-- PROBLEM TO WORK ON --
Copy each line below in which the string "ApplyScheduleDownload" occurs.

[INPUT DATA Boundary: Start]

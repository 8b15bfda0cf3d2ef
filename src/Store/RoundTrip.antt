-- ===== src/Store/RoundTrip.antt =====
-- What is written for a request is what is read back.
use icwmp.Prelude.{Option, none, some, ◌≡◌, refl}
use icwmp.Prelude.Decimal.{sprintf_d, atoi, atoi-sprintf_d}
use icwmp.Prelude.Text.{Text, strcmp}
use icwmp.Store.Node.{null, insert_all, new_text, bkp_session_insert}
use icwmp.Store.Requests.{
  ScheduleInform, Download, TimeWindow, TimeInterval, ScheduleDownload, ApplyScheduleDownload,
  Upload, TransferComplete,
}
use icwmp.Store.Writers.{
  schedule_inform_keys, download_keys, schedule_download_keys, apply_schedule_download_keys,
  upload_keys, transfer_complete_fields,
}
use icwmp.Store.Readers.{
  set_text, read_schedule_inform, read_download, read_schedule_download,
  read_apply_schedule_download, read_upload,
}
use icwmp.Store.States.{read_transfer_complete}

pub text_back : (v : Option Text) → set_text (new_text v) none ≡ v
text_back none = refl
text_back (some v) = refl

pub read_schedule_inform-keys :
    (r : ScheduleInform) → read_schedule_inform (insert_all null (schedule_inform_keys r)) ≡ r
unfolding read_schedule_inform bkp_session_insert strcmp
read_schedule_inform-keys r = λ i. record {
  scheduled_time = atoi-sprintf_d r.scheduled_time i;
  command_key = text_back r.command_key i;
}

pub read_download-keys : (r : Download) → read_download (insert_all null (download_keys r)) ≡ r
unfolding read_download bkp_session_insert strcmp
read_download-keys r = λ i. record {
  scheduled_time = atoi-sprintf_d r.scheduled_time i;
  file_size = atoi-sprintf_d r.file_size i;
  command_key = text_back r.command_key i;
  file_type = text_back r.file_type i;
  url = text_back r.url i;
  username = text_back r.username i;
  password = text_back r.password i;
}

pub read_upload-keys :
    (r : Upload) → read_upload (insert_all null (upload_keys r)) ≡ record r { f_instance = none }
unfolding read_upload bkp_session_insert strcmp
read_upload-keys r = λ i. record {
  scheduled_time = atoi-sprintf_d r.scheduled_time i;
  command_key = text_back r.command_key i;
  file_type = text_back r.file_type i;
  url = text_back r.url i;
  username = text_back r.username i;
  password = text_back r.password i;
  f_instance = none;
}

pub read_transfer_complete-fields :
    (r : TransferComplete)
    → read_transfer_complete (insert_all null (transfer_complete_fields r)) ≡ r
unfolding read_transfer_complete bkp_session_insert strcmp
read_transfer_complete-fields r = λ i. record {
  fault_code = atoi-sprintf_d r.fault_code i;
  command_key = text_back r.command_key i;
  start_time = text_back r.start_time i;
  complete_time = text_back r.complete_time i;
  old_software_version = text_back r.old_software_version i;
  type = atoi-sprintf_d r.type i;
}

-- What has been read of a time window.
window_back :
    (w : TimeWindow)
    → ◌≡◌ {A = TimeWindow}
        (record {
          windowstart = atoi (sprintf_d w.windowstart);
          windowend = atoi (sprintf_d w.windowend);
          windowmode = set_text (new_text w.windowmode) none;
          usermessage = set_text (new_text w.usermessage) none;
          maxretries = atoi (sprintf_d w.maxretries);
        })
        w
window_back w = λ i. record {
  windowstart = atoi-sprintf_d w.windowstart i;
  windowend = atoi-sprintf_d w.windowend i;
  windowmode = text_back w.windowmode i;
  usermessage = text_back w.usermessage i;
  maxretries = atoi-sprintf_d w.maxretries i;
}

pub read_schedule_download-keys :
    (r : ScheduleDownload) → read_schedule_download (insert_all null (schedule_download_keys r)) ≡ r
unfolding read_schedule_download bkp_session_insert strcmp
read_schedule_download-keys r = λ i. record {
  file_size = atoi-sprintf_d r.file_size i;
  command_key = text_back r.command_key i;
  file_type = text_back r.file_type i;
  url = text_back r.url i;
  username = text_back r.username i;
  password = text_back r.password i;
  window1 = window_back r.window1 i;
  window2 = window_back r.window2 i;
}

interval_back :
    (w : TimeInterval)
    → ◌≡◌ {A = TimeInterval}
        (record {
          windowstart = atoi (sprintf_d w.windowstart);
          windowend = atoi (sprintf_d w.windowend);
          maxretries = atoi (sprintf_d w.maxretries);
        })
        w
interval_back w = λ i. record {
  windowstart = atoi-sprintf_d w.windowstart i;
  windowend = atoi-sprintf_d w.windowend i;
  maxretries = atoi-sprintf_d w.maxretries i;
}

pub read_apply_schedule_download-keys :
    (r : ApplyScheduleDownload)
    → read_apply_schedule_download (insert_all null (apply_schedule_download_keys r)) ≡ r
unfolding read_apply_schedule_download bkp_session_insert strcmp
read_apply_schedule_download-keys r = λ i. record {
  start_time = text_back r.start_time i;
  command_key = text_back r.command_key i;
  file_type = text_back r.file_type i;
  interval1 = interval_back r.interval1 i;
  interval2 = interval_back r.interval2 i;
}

[INPUT DATA Boundary: End]

-- EXERCISE ANSWER --
  ScheduleInform, Download, TimeWindow, TimeInterval, ScheduleDownload, ApplyScheduleDownload,
    (r : ApplyScheduleDownload)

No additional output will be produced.